- _What is required_
Copy each record below without changing a single word.

- _Task data_
↓↓↓
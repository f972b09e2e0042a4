-- ===== src/Routes/Handled.antt =====
-- Every way in which the route of api/routers/classification.py ends.
use ml_engineer_challenge_so.Prelude.{
  String, true, false, str_eq, ltb, ◌≡◌, [], ◌∷◌, ◌++◌, length, some, Result, ok, err,
}
use ml_engineer_challenge_so.Prelude.Float.{Float}
use ml_engineer_challenge_so.Errors.{ApiError, Raised, application}
use ml_engineer_challenge_so.Uploads.Reading.{body}
use ml_engineer_challenge_so.RateLimit.{RateLimitDecision, Store, enforce, headers}
use ml_engineer_challenge_so.RateLimit.Commands.{SortedSet}
use ml_engineer_challenge_so.Models.{Host, LoadedModel, get_classifier, key, model_key}
use ml_engineer_challenge_so.Cache.{RedisServer, Codec}
use ml_engineer_challenge_so.Inference.{Vision, Payload, ClassificationResponse, provenance_of}
use ml_engineer_challenge_so.Inference.Outcomes.{IsAudited, resolved}
use ml_engineer_challenge_so.Routes.{
  Call, App, Answer, Deployment, choice, request_of, inference_record, classifier_name,
}

-- What the limiter says to the caller, with its store after the call.
abbrev pub limited_by :
    {H : Host} {W : Float} {Z : SortedSet}
    → Deployment H W
    → {F : Type 0} → Call F
    → Store Z
    → Result ApiError RateLimitDecision × Store Z
limited_by {Z = Z} D c limiter =
    enforce Z D.redis D.settings c.now c.member c.principal.user_id c.principal.tier limiter

module _ {H : Host} {W : Float} (N : Vision H) {R : RedisServer} (J : Codec (Payload N.F))
    {Z : SortedSet} (D : Deployment H W) (c : Call N.F) where
  open N use {F}

  -- The call of `classify` on an upload is audited as `IsAudited` says.
  abbrev pub IsLogged : App N R Z → Result Raised (ClassificationResponse F) → App N R Z → Type 0
  IsLogged before r after =
      IsAudited N J D.settings D.models (request_of D c (body c.chunks)) before.services
        (r, after.services)

  pub data IsHandled (before : App N R Z) : Answer F × App N R Z → Type 0 where
    limited :
        {e : ApiError} {after : App N R Z}
        → limited_by D c before.limiter ≡ (err e, after.limiter)
        → after.services ≡ before.services
        → after.inferences ≡ before.inferences
        → IsHandled before (err (application e), after)
    oversized :
        {e : ApiError} {after : App N R Z} (decision : RateLimitDecision)
        → limited_by D c before.limiter ≡ (ok decision, after.limiter)
        → ltb D.settings.max_upload_bytes (length (body c.chunks)) ≡ true
        → after.services ≡ before.services
        → after.inferences ≡ before.inferences
        → IsHandled before (err (application e), after)
    served :
        {r : ClassificationResponse F} {after : App N R Z} (decision : RateLimitDecision)
        (m : LoadedModel H)
        → limited_by D c before.limiter ≡ (ok decision, after.limiter)
        → resolved D.models (request_of D c (body c.chunks)) ≡ ok m
        → ((version : String)
            → (choice D c).0 ≡ some version
            → str_eq version "" ≡ false
            → key m ≡ model_key classifier_name version)
        → r.provenance ≡ provenance_of m
        → after.inferences ≡ before.inferences ++ (inference_record (provenance_of m) true ∷ [])
        → IsLogged before (ok r) after
        → IsHandled before (ok (headers decision, r), after)
    failed :
        {e : Raised} {after : App N R Z} (decision : RateLimitDecision) (m : LoadedModel H)
        → limited_by D c before.limiter ≡ (ok decision, after.limiter)
        → get_classifier D.models (choice D c).0 ≡ ok m
        → after.inferences ≡ before.inferences ++ (inference_record (provenance_of m) false ∷ [])
        → IsLogged before (err e) after
        → IsHandled before (err e, after)
    masked :
        {e e' : Raised} {after : App N R Z} (decision : RateLimitDecision)
        → limited_by D c before.limiter ≡ (ok decision, after.limiter)
        → get_classifier D.models (choice D c).0 ≡ err e'
        → after.inferences ≡ before.inferences
        → IsLogged before (err e) after
        → IsHandled before (err e', after)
↑↑↑
- _Solution to the exercise_
repository f972b09e2e0042a4
-- ===== src/Routes/Handled.antt =====
-- Every way in which the route of api/routers/classification.py ends.
use ml_engineer_challenge_so.Prelude.{
  String, true, false, str_eq, ltb, ◌≡◌, [], ◌∷◌, ◌++◌, length, some, Result, ok, err,
}
use ml_engineer_challenge_so.Prelude.Float.{Float}
use ml_engineer_challenge_so.Errors.{ApiError, Raised, application}
use ml_engineer_challenge_so.Uploads.Reading.{body}
use ml_engineer_challenge_so.RateLimit.{RateLimitDecision, Store, enforce, headers}
use ml_engineer_challenge_so.RateLimit.Commands.{SortedSet}
use ml_engineer_challenge_so.Models.{Host, LoadedModel, get_classifier, key, model_key}
use ml_engineer_challenge_so.Cache.{RedisServer, Codec}
use ml_engineer_challenge_so.Inference.{Vision, Payload, ClassificationResponse, provenance_of}
use ml_engineer_challenge_so.Inference.Outcomes.{IsAudited, resolved}
use ml_engineer_challenge_so.Routes.{
  Call, App, Answer, Deployment, choice, request_of, inference_record, classifier_name,
}

-- What the limiter says to the caller, with its store after the call.
abbrev pub limited_by :
    {H : Host} {W : Float} {Z : SortedSet}
    → Deployment H W
    → {F : Type 0} → Call F
    → Store Z
    → Result ApiError RateLimitDecision × Store Z
limited_by {Z = Z} D c limiter =
    enforce Z D.redis D.settings c.now c.member c.principal.user_id c.principal.tier limiter

module _ {H : Host} {W : Float} (N : Vision H) {R : RedisServer} (J : Codec (Payload N.F))
    {Z : SortedSet} (D : Deployment H W) (c : Call N.F) where
  open N use {F}

  -- The call of `classify` on an upload is audited as `IsAudited` says.
  abbrev pub IsLogged : App N R Z → Result Raised (ClassificationResponse F) → App N R Z → Type 0
  IsLogged before r after =
      IsAudited N J D.settings D.models (request_of D c (body c.chunks)) before.services
        (r, after.services)

  pub data IsHandled (before : App N R Z) : Answer F × App N R Z → Type 0 where
    limited :
        {e : ApiError} {after : App N R Z}
        → limited_by D c before.limiter ≡ (err e, after.limiter)
        → after.services ≡ before.services
        → after.inferences ≡ before.inferences
        → IsHandled before (err (application e), after)
    oversized :
        {e : ApiError} {after : App N R Z} (decision : RateLimitDecision)
        → limited_by D c before.limiter ≡ (ok decision, after.limiter)
        → ltb D.settings.max_upload_bytes (length (body c.chunks)) ≡ true
        → after.services ≡ before.services
        → after.inferences ≡ before.inferences
        → IsHandled before (err (application e), after)
    served :
        {r : ClassificationResponse F} {after : App N R Z} (decision : RateLimitDecision)
        (m : LoadedModel H)
        → limited_by D c before.limiter ≡ (ok decision, after.limiter)
        → resolved D.models (request_of D c (body c.chunks)) ≡ ok m
        → ((version : String)
            → (choice D c).0 ≡ some version
            → str_eq version "" ≡ false
            → key m ≡ model_key classifier_name version)
        → r.provenance ≡ provenance_of m
        → after.inferences ≡ before.inferences ++ (inference_record (provenance_of m) true ∷ [])
        → IsLogged before (ok r) after
        → IsHandled before (ok (headers decision, r), after)
    failed :
        {e : Raised} {after : App N R Z} (decision : RateLimitDecision) (m : LoadedModel H)
        → limited_by D c before.limiter ≡ (ok decision, after.limiter)
        → get_classifier D.models (choice D c).0 ≡ ok m
        → after.inferences ≡ before.inferences ++ (inference_record (provenance_of m) false ∷ [])
        → IsLogged before (err e) after
        → IsHandled before (err e, after)
    masked :
        {e e' : Raised} {after : App N R Z} (decision : RateLimitDecision)
        → limited_by D c before.limiter ≡ (ok decision, after.limiter)
        → get_classifier D.models (choice D c).0 ≡ err e'
        → after.inferences ≡ before.inferences
        → IsLogged before (err e) after
        → IsHandled before (err e', after)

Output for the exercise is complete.